EXERCISE - All lines in the material containing the word "then" need to be copied.

AVAILABLE DATA -
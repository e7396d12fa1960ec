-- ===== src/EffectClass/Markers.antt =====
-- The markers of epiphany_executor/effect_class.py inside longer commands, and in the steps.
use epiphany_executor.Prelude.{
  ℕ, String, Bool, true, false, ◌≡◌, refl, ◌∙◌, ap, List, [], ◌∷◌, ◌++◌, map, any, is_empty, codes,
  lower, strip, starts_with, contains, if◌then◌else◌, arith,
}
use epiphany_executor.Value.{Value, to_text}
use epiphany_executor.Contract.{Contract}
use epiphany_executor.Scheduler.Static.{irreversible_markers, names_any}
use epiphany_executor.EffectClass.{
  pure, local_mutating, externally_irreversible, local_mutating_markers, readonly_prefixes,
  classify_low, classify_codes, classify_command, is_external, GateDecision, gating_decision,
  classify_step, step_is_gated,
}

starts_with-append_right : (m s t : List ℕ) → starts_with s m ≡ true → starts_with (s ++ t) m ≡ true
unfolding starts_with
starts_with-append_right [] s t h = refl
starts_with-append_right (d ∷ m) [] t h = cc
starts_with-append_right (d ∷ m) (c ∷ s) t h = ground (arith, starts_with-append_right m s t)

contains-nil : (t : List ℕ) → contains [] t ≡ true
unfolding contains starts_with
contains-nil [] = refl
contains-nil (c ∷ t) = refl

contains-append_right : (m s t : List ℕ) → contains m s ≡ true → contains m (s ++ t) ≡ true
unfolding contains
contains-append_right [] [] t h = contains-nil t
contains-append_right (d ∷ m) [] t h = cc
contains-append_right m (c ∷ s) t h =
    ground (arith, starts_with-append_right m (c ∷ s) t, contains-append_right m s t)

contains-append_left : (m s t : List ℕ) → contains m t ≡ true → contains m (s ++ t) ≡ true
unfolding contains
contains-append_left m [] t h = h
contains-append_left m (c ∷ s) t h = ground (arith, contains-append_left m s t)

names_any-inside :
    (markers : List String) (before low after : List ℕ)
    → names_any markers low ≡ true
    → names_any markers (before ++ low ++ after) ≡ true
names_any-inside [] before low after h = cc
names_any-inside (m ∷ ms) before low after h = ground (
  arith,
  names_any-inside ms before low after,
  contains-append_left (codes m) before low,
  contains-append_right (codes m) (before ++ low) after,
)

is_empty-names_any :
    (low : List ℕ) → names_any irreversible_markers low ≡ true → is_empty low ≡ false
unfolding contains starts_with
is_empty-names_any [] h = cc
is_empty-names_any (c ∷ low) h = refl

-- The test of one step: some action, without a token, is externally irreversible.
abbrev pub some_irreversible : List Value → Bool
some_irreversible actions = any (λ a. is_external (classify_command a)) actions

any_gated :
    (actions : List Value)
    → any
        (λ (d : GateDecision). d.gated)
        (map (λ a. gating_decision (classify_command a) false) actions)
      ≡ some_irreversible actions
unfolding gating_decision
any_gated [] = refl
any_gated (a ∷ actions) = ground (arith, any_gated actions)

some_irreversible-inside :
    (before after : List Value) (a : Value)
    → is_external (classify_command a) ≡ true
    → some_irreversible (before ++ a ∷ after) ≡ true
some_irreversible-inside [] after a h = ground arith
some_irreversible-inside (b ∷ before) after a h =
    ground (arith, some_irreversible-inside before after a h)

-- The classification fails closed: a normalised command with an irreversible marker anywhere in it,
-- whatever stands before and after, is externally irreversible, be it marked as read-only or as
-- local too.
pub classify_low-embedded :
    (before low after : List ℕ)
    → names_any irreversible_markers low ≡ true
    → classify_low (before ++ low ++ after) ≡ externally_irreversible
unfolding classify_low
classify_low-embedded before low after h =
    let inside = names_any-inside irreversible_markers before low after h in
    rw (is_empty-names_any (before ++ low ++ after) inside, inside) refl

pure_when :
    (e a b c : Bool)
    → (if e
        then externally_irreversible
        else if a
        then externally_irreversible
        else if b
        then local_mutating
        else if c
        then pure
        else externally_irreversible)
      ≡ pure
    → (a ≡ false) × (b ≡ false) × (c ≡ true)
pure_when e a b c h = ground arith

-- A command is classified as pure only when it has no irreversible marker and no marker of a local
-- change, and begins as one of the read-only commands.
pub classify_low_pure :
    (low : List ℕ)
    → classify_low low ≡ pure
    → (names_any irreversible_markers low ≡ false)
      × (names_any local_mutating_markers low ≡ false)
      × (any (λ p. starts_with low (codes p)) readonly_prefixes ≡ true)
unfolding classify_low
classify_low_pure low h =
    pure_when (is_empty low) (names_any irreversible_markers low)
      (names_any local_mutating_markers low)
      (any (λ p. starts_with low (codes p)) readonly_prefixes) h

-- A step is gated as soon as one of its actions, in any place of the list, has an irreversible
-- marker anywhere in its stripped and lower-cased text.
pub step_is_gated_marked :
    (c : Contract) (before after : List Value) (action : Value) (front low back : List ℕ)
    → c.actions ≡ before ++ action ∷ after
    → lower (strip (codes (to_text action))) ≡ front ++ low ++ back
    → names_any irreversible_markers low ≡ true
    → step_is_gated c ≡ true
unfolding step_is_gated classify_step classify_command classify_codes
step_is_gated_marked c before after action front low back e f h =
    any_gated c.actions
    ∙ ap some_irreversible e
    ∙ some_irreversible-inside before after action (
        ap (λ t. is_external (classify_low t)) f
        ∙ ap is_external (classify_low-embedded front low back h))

SOLUTION BELOW -
  lower, strip, starts_with, contains, if◌then◌else◌, arith,
        then externally_irreversible
        then externally_irreversible
        then local_mutating
        then pure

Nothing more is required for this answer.